Bei Deinem Beispiel springt er ja durch das ORDER DESC auf die kleinste (und somit älteste) ID


Dunsti


----------



## Luda (16. Dezember 2003)

ich hab da noch ne lösung, wenn du das ganze öffters machen musst. es ist nur ein beispiel. ich würde dann das ganze in 2 funktionen mit rückgabewert schreiben. z.b. db_recordset(cn as adodb.recordset,sql as string), db_connect(dbpfad as string).
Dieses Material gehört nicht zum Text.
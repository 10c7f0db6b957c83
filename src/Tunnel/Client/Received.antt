-- ===== src/Tunnel/Client/Received.antt =====
-- pkg/tunnel/isannd_client.go and pkg/signal/proto.go: what the server reads of the bytes that a client
-- wrote on a connection.
use servers.Base.{
  ◌⊎◌, ℕ, ◌+◌, ◌≡◌, refl, sym, ap, ◌∙◌, subst, inl, inr, Bool, List, [], none, some, Text, codes,
  is_empty, All, ◌==◌, Bool-cases, Option-cases, Result-cases, arith,
}
use servers.Tunnel.Message.{RendezvousMsg}
use servers.Signal.Proto.{Decodes}
use servers.Tunnel.Client.{
  Network, IsanndClient, Action, new_client, bare_msg, write_on, dial_and_hello, mark_conn_dead,
  ensure_conn, claim, send_on, write_msg, connect, close, act_all,
}
use servers.Tunnel.Client.Identity.{frames}
use servers.Tunnel.Client.Sending.{
  named_as, claim-cases, ensure_conn-some, ensure_conn-none, ensure_conn-conn,
}
use servers.Tunnel.Client.Faithful.{connect-cases}
use servers.Tunnel.Client.Rule.{act_all-rule}
use servers.Tunnel.Client.Stream.{stream_of, sent_on, nothing_read, stream_of-Reads, Reads}
use servers.Tunnel.Client.Writing.{write_on-Writes}
use servers.Tunnel.Client.Streamed.{
  IsStreamed, stream, whole-IsStreamed, broken-IsStreamed, conn-is, idle-IsStreamed,
}

module _ (net : Network) where
  dial_and_hello-IsStreamed :
      (c : IsanndClient) → IsStreamed net c → IsStreamed net (dial_and_hello net c).0
  unfolding dial_and_hello
  dial_and_hello-IsStreamed c i = elim (Bool-cases (is_empty c.hello_id)) [
    | inl e ↦ rw (dial_and_hello, e) (idle-IsStreamed net c c.attempts i (omega arith))
    | inr e ↦ elim (Bool-cases (net.answers c.attempts)) [
      | inr a ↦ rw (dial_and_hello, e, a) (idle-IsStreamed net c (c.attempts + 1) i (omega arith))
      | inl a ↦
          let k = c.attempts in
          let hello = bare_msg (codes "hello") c.hello_id c.hello_role in
          let d = record c { conn = none; attempts = k + 1 } in
          let j = idle-IsStreamed net c (k + 1) i (omega arith) in
          let whole : sent_on k d.sent ≡ stream net k d = i.new_whole k (omega arith) in
          let w = write_on-Writes net k hello d in
          elim w.outcome [
            | inl (t, wire, (json, fits, added)) ↦
                rw (dial_and_hello, e, a, t)
                  (whole-IsStreamed net k hello json d (write_on net k hello d) (some k) j whole
                    (omega arith) (λ x h. ground arith) w wire fits added)
            | inr (t, wire, short) ↦
                rw (dial_and_hello, e, a, t)
                  (subst (IsStreamed net) (conn-is net (write_on net k hello d).0 none w.conn) (
                    broken-IsStreamed net k hello d (write_on net k hello d) j whole (omega arith) w
                      wire short))
          ]
    ]
  ]

  ensure_conn-IsStreamed :
      (c : IsanndClient) → IsStreamed net c → IsStreamed net (ensure_conn net c).0
  ensure_conn-IsStreamed c h = elim (Option-cases c.conn) [
    | inr (k, e) ↦ subst (λ p. IsStreamed net p.0) (sym (ensure_conn-some net c k e)) h
    | inl e ↦
        subst (IsStreamed net) (sym (ensure_conn-none net c e)) (dial_and_hello-IsStreamed c h)
  ]

  mark_conn_dead-cases :
      (k : ℕ) (c : IsanndClient)
      → (mark_conn_dead k c ≡ c) ⊎ (mark_conn_dead k c ≡ record c { conn = none })
  unfolding mark_conn_dead
  mark_conn_dead-cases k c = elim (Option-cases c.conn) [
    | inl h ↦ inl (ground arith)
    | inr (j, h) ↦ elim (Bool-cases (j == k)) [
      | inl e ↦ inr (ground arith)
      | inr e ↦ inl (ground arith)
    ]
  ]

  mark_conn_dead-own :
      (k : ℕ) (c : IsanndClient) → c.conn ≡ some k → mark_conn_dead k c ≡ record c { conn = none }
  unfolding mark_conn_dead
  mark_conn_dead-own k c h = ground arith

  mark_conn_dead-IsStreamed :
      (k : ℕ) (c : IsanndClient) → IsStreamed net c → IsStreamed net (mark_conn_dead k c)
  mark_conn_dead-IsStreamed k c i = elim (mark_conn_dead-cases k c) [
    | inl h ↦ subst (IsStreamed net) (sym h) i
    | inr h ↦ subst (IsStreamed net) (sym h) (idle-IsStreamed net c c.attempts i (omega arith))
  ]

  send_on-IsStreamed :
      (msg : RendezvousMsg) (c : IsanndClient)
      → IsStreamed net c
      → IsStreamed net (send_on net msg c).0
  unfolding send_on
  send_on-IsStreamed msg c i =
      let d = (ensure_conn net c).0 in
      let j = ensure_conn-IsStreamed c i in
      elim (Result-cases (ensure_conn net c).1) [
        | inr (e, o) ↦ rw (send_on, o) j
        | inl (k, o) ↦
            let r = write_on net k msg d in
            let on : d.conn ≡ some k = ensure_conn-conn net c d k (ap (λ x. (d, x)) o) in
            let w = write_on-Writes net k msg d in
            elim w.outcome [
              | inl (t, wire, (json, fits, added)) ↦
                  rw (send_on, o, t)
                    (subst (IsStreamed net) (conn-is net r.0 (some k) (w.conn ∙ on)) (
                      whole-IsStreamed net k msg json d r (some k) j (j.open_whole k on)
                        (j.dialled k on) (λ x h. ground arith) w wire fits added))
              | inr (t, wire, short) ↦
                  rw (send_on, o, t)
                    (subst (IsStreamed net) (sym (mark_conn_dead-own k r.0 (w.conn ∙ on))) (
                      broken-IsStreamed net k msg d r j (j.open_whole k on) (j.dialled k on) w wire
                        short))
            ]
      ]

  named_as-IsStreamed :
      (c : IsanndClient) (id role : Text) → IsStreamed net c → IsStreamed net (named_as c id role)
  named_as-IsStreamed c id role i = record {
    cut = i.cut;
    open_whole = i.open_whole;
    new_whole = i.new_whole;
    dialled = i.dialled;
    encoded = i.encoded;
  }

  write_msg-IsStreamed :
      (msg : RendezvousMsg) (c : IsanndClient)
      → IsStreamed net c
      → IsStreamed net (write_msg net msg c).0
  unfolding write_msg
  write_msg-IsStreamed msg c i = elim (Option-cases (claim msg c)) [
    | inl o ↦ rw (write_msg, o) i
    | inr (d, o) ↦
        rw (write_msg, o)
          (elim (claim-cases msg c d o) [
            | inl (same, own) ↦
                subst (λ x. IsStreamed net (send_on net msg x).0) same (send_on-IsStreamed msg c i)
            | inr (unset, named) ↦
                subst (λ x. IsStreamed net (send_on net msg x).0) named
                  (send_on-IsStreamed msg (named_as c msg.id msg.role)
                    (named_as-IsStreamed c msg.id msg.role i))
          ])
  ]

  connect-IsStreamed :
      (id role : Text) (c : IsanndClient)
      → IsStreamed net c
      → IsStreamed net (connect net id role c).0
  connect-IsStreamed id role c i = elim (connect-cases net id role c) [
    | inl same ↦ subst (IsStreamed net) (sym same) i
    | inr (own, inl e) ↦ subst (IsStreamed net) (sym e) (named_as-IsStreamed c id role i)
    | inr (own, inr e) ↦
        subst (IsStreamed net) (sym e)
          (dial_and_hello-IsStreamed (named_as c id role) (named_as-IsStreamed c id role i))
  ]

  wish-IsStreamed :
      (c : IsanndClient) (b : Bool)
      → IsStreamed net c
      → IsStreamed net (record c { need_register = b })
  wish-IsStreamed c b i = record {
    cut = i.cut;
    open_whole = i.open_whole;
    new_whole = i.new_whole;
    dialled = i.dialled;
    encoded = i.encoded;
  }

  close-IsStreamed : (c : IsanndClient) → IsStreamed net c → IsStreamed net (close c)
  unfolding close
  close-IsStreamed c i = elim (Bool-cases c.closed) [
    | inl z ↦ simp (z) i
    | inr z ↦
        let j = idle-IsStreamed net c c.attempts i (omega arith) in
        rw z (record {
          cut = j.cut;
          open_whole = j.open_whole;
          new_whole = j.new_whole;
          dialled = j.dialled;
          encoded = j.encoded;
        })
  ]

  new_client-IsStreamed : IsStreamed net new_client
  unfolding frames sent_on stream_of
  new_client-IsStreamed = record {
    cut = λ k. ([], refl, nothing_read net.codec);
    open_whole = λ k h. absurd (ground arith);
    new_whole = λ k h. refl;
    dialled = λ k h. absurd (ground arith);
    encoded = λ k. tt;
  }

  -- Whatever a new client is asked, whichever dials fail and wherever a write breaks off, the server
  -- reads from the bytes that went out on a connection the frames that the client wrote on it as a whole,
  -- each as the message that was sent and in their order, and then finds the end of the stream, at
  -- most within one more frame, of which it reads nothing; the codec is to decode what it encodes of
  -- each of them.
  pub act_all-Reads :
      (actions : List Action) (k : ℕ)
      → All (Decodes net.codec) (frames k (act_all net new_client actions).wire)
      → Reads net.codec
          (sent_on k (act_all net new_client actions).sent)
          (frames k (act_all net new_client actions).wire)
  act_all-Reads actions k d =
      let i =
        act_all-rule net (IsStreamed net) write_msg-IsStreamed connect-IsStreamed
          mark_conn_dead-IsStreamed wish-IsStreamed close-IsStreamed new_client actions
          new_client-IsStreamed in
      let ms = frames k (act_all net new_client actions).wire in
      let (tail, h, short) = i.cut k in
      subst (λ s. Reads net.codec s ms) (sym h) (stream_of-Reads net ms tail (i.encoded k) d short)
    Dim cn As ADODB.Connection
    Dim rs As ADODB.Recordset
    Dim sql As String

    Set cn = New ADODB.Connection
    Set rs = New ADODB.Recordset
    With cn
        .Provider = "Microsoft.Jet.OLEDB.4.0"
        .ConnectionString = "Data Source=test.mdb" ' db
        .CursorLocation = adUseClient
        .Open
    End With

    sql = "select * from test" ' auswahl der tabelle
    With rs
        .Source = sql
        .ActiveConnection = cn
        .CursorType = adOpenKeyset
        .LockType = adLockOptimistic
        .Open
      End With
      rs.AddNew
      rs!wert1 = "Test" 'wert in die tabelle schreiben

      rs.Update
      MsgBox rs!auto ' aktueller datensatz(. nur bei access)


----------